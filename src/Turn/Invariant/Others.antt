-- ===== src/Turn/Invariant/Others.antt =====
-- The invariant through the handlers of held speech, silence, tokens and model decisions
-- (crates/speech-core-daemon/src/detectors/turn.rs).
use speech_core.Base.{
  ℕ, ◌-◌, Bool, true, false, ◌||◌, not, String, Option, none, some, List, ◌≡◌, refl, ltb, ◌==◌,
  is_none, max, if◌then◌else◌,
}
use speech_core.Progress.State.{is_speech_evidence_text}
use speech_core.Turn.Config.{TurnManagerConfig, ms_to_samples}
use speech_core.Turn.Signals.{
  VadSpeechPresence, VadLowSilence, VadAcousticFallback, TranscriptTokenCommitted, ModelEou,
  SemanticTurnDecision, ModelDrainHandle,
}
use speech_core.Turn.Events.{Event}
use speech_core.Turn.Local.{Env, Local, return, OpenTurn}
use speech_core.Turn.Align.Untouched.{wait_for_model_progress-SameBut}
use speech_core.Turn.Close.{turn_start_or}
use speech_core.Turn.Handlers.Shared.{is_stale, hold_anchor, hold_fires}
use speech_core.Turn.Handlers.Hold.{
  presence_hold, hold_progress, live_presence, on_vad_speech_presence,
}
use speech_core.Turn.Handlers.Silence.{
  wait_model, wait_choice, quiet_anchor, is_quiet, quiet_close, quiet_choice, on_vad_low_silence,
  fallback_close, fallback_too_short, fallback_candidate, on_vad_acoustic_fallback,
}
use speech_core.Turn.Handlers.Token.{
  late_for_closed_turn, ghost_late_token, open_transcript_turn, keep_token, on_transcript_token,
}
use speech_core.Turn.Handlers.Model.{
  provisional_start, too_early, vad_still_in_speech, refractory, no_new_vad_speech_since_close,
  eou_suppressed, eou_close, eou_accepted, on_model_eou, record_semantic_decision,
  close_turn_from_semantic, on_semantic_turn_decision,
}
use speech_core.Turn.Post.{Post, good, Post-continue, Post-if, Post-weaken}
use speech_core.Turn.Invariant.{Inv, Open}
use speech_core.Turn.Invariant.Closing.{close_turn-Inv}
use speech_core.Turn.Invariant.Session.{
  Inv-session, Open-session, write-Inv, write-Open, start_turn-Open, note_turn_opened-Open,
}
use speech_core.Turn.Invariant.Shared.{
  open_of, SameBut-Open, turn_id_or_next-Open, ensure_turn-SomeOpen, aligned_close-Inv,
}

or_false_right : (a : Bool) {b : Bool} → (a || b) ≡ false → b ≡ false
or_false_right true e = cc
or_false_right false e = e

module _ ⦃env : Env⦄ {key : String} {base : List Event} where
  live_presence-Inv :
      (config : TurnManagerConfig) (drain : Option ModelDrainHandle) (s : VadSpeechPresence)
      {turn : OpenTurn} (l : Local)
      → Open key base turn l
      → Post (Inv key base) (Inv key base) (live_presence config drain s l)
  unfolding live_presence presence_hold hold_progress
  live_presence-Inv config drain s l o =
      let anchor =
        hold_anchor s.ids.stream_session_id (turn_start_or l.session.open_turn s.start_sample) l in
      Post-if
        (hold_fires s.decision_sample anchor (ms_to_samples config.human_hold_silence_ms)
          l.session.last_human_hold_token_anchor)
        _ _ l
        (λ _.
          Post-continue (write-Open _ _ (λ h. h) (Open-session _ (refl, refl, refl, refl, refl) o))
            λ _ l1 o1.
              aligned_close-Inv config drain s.ids _ _ s.decision_sample s.decision_sample
                s.start_sample l1 o1 (turn_id_or_next-Open o))
        (λ _. Post-continue (write-Inv _ _ (λ h. h) o.inv) λ _ l1 i1. good _ l1 i1)

  pub on_vad_speech_presence-Inv :
      (config : TurnManagerConfig) (drain : Option ModelDrainHandle) (s : VadSpeechPresence)
      (l : Local)
      → Inv key base l
      → Post (Inv key base) (Inv key base) (on_vad_speech_presence config drain s l)
  unfolding on_vad_speech_presence
  on_vad_speech_presence-Inv config drain s l i =
      Post-if (ms_to_samples config.human_hold_silence_ms == 0 || is_none l.session.open_turn) _ _ l
        (λ _. good _ l i)
        (λ e.
          live_presence-Inv config drain s l
            (open_of l i (or_false_right (ms_to_samples config.human_hold_silence_ms == 0) e)).1)

  -- Waiting changes no session and writes nothing.
  wait_model-Open :
      (config : TurnManagerConfig) (id : String) (target : ℕ) {turn : OpenTurn} (l : Local)
      → Open key base turn l
      → Post (Inv key base) (Open key base turn) (wait_model config id target l)
  unfolding wait_model
  wait_model-Open config id target {turn} l o =
      elim l.progress
        as (λ p. Post (Inv key base) (Open key base turn) (wait_choice config id target p l)) [
          | none ↦ good tt l o
          | some _ ↦ good tt _ (
              SameBut-Open
                (wait_for_model_progress-SameBut id target config.model_alignment_timeout_ms l) o)
        ]

  quiet_close-Inv :
      (config : TurnManagerConfig) (s : VadLowSilence) (turn : OpenTurn) (anchor : ℕ) (l : Local)
      → Open key base turn l
      → Post (Inv key base) (Inv key base) (quiet_close config s turn anchor l)
  unfolding quiet_close
  quiet_close-Inv config s turn anchor l o = Post-continue (write-Open _ _ (λ h. h) o) λ _ l1 o1.
      Post-continue
        (wait_model-Open config s.ids.stream_session_id (max anchor turn.start_sample) l1 o1)
        λ _ l2 o2. Post-continue (close_turn-Inv _ l2 o2 refl) λ _ l3 i3. good _ l3 i3

  pub on_vad_low_silence-Inv :
      (config : TurnManagerConfig) (s : VadLowSilence) (l : Local)
      → Inv key base l
      → Post (Inv key base) (Inv key base) (on_vad_low_silence config s l)
  unfolding on_vad_low_silence
  on_vad_low_silence-Inv config s l i = go l.session.open_turn refl
    where
      go :
          (turn : Option OpenTurn)
          → l.session.open_turn ≡ turn
          → Post (Inv key base) (Inv key base) (quiet_choice config s turn l)
      go none e = good _ l i
      go (some turn) e =
          let anchor = quiet_anchor s.ids.stream_session_id turn l in
          Post-if
            (ms_to_samples config.transcript_silence_close_ms == 0
              || l.session.saw_vad_signal
              || not (is_quiet config s anchor))
            _ _ l (λ _. good _ l i)
            (λ _. quiet_close-Inv config s turn anchor l (record { inv = i; is_open = e }))

  fallback_candidate-Inv :
      (config : TurnManagerConfig) (s : VadAcousticFallback) (turn_id : String) {turn : OpenTurn}
      (l : Local)
      → Open key base turn l
      → turn_id ≡ turn.turn_id
      → Post (Inv key base) (Inv key base) (fallback_candidate config s turn_id l)
  unfolding fallback_candidate fallback_close
  fallback_candidate-Inv config s turn_id l o e =
      Post-continue (write-Open _ _ (λ h. h) o) λ _ l1 o1.
        Post-if config.vad_close_enabled _ _ l1
          (λ _.
            Post-continue (wait_model-Open config s.ids.stream_session_id s.end_sample l1 o1)
              λ _ l2 o2. Post-continue (close_turn-Inv _ l2 o2 e) λ _ l3 i3. good _ l3 i3)
          (λ _. good _ l1 o1.inv)

  pub on_vad_acoustic_fallback-Inv :
      (config : TurnManagerConfig) (s : VadAcousticFallback) (l : Local)
      → Inv key base l
      → Post (Inv key base) (Inv key base) (on_vad_acoustic_fallback config s l)
  unfolding on_vad_acoustic_fallback fallback_too_short
  on_vad_acoustic_fallback-Inv config s l i =
      Post-if (is_stale s.decision_sample l.session || is_none l.session.open_turn) _ _ l
        (λ _. good _ l i)
        λ e.
          let o = open_of l i (or_false_right (is_stale s.decision_sample l.session) e) in
          Post-if (ltb (s.end_sample - s.start_sample) (ms_to_samples config.min_vad_speech_ms)) _ _
            l (λ _. Post-continue (write-Inv _ _ (λ h. h) i) λ _ l1 i1. good _ l1 i1)
            (λ _. fallback_candidate-Inv config s _ l o.1 (turn_id_or_next-Open o.1))

  keep_token-Inv :
      (s : TranscriptTokenCommitted) (l : Local)
      → Inv key base l
      → Post (Inv key base) (Inv key base) (keep_token s l)
  unfolding keep_token open_transcript_turn
  keep_token-Inv s l i =
      Post-continue opened λ _ l2 i2. good _ _ (Inv-session _ (refl, refl, refl, refl, refl) i2)
    where
      opened :
          Post
            (Inv key base)
            (Inv key base)
            ((if is_none l.session.open_turn then open_transcript_turn s else return tt) l)
      opened =
          Post-if (is_none l.session.open_turn) _ _ l
            (λ _. Post-continue (start_turn-Open s.start_sample "transcript" l i) λ _ l1 o1.
              Post-weaken (λ _ o. o.inv)
                (note_turn_opened-Open s.ids.stream_session_id (λ _. s.token_index) l1 o1))
            (λ _. good _ l i)

  pub on_transcript_token-Inv :
      (s : TranscriptTokenCommitted) (l : Local)
      → Inv key base l
      → Post (Inv key base) (Inv key base) (on_transcript_token s l)
  unfolding on_transcript_token
  on_transcript_token-Inv s l i =
      Post-if (not (is_speech_evidence_text ⦃u = env.unicode⦄ s.text)) _ _ l (λ _. good _ l i)
        λ _. Post-continue (write-Inv _ _ (λ h. h) i) λ _ l1 i1.
          Post-if (late_for_closed_turn s.end_sample l.session || ghost_late_token l.session) _ _ l1
            (λ _. good _ l1 i1) (λ _. keep_token-Inv s l1 i1)

  eou_accepted-Inv :
      (config : TurnManagerConfig) (e : ModelEou) (start : ℕ) (l : Local)
      → Inv key base l
      → Post (Inv key base) (Inv key base) (eou_accepted config e start l)
  unfolding eou_accepted eou_close
  eou_accepted-Inv config e start l i =
      Post-continue (ensure_turn-SomeOpen e.ids.stream_session_id start "model" l i) λ _ l1 o1.
        Post-continue (write-Open _ _ (λ h. h) o1.1) λ _ l2 o2.
          Post-if config.model_eou_close_enabled _ _ l2
            (λ _.
              Post-continue (close_turn-Inv _ l2 o2 (turn_id_or_next-Open o1.1))
                λ _ l3 i3. good _ l3 i3)
            (λ _. good _ l2 o2.inv)

  pub on_model_eou-Inv :
      (config : TurnManagerConfig) (e : ModelEou) (l : Local)
      → Inv key base l
      → Post (Inv key base) (Inv key base) (on_model_eou config e l)
  unfolding on_model_eou eou_suppressed
  on_model_eou-Inv config e l i =
      Post-if
        (too_early config e l.session
          || vad_still_in_speech l.session
          || refractory config e l.session
          || no_new_vad_speech_since_close l.session)
        _ _ l (λ _. Post-continue (write-Inv _ _ (λ h. h) i) λ _ l1 i1. good _ l1 i1)
        (λ _. eou_accepted-Inv config e (provisional_start l.session) l i)

  pub on_semantic_turn_decision-Inv :
      (config : TurnManagerConfig) (drain : Option ModelDrainHandle) (d : SemanticTurnDecision)
      (l : Local)
      → Inv key base l
      → Post (Inv key base) (Inv key base) (on_semantic_turn_decision config drain d l)
  unfolding on_semantic_turn_decision record_semantic_decision close_turn_from_semantic
  on_semantic_turn_decision-Inv config drain d l i =
      Post-continue (write-Inv _ _ (λ h. h) (Inv-session _ (refl, refl, refl, refl, refl) i))
        λ _ l1 i1.
          Post-if (not d.complete || not config.semantic_gate_close_enabled) _ _ l1
            (λ _. good _ l1 i1)
            λ _.
              Post-if (is_none l1.session.open_turn) _ _ l1 (λ _. good _ l1 i1)
                λ e.
                  let o = open_of l1 i1 e in
                  aligned_close-Inv config drain d.ids _ _ d.end_sample d.decision_sample
                    d.end_sample l1 o.1 (turn_id_or_next-Open o.1)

——

WORK ORDER:
If a line in the records holds the string "Option", copy it.

ANSWER FOR THIS EXERCISE:
  ℕ, ◌-◌, Bool, true, false, ◌||◌, not, String, Option, none, some, List, ◌≡◌, refl, ltb, ◌==◌,
      (config : TurnManagerConfig) (drain : Option ModelDrainHandle) (s : VadSpeechPresence)
      (config : TurnManagerConfig) (drain : Option ModelDrainHandle) (s : VadSpeechPresence)
          (turn : Option OpenTurn)
      (config : TurnManagerConfig) (drain : Option ModelDrainHandle) (d : SemanticTurnDecision)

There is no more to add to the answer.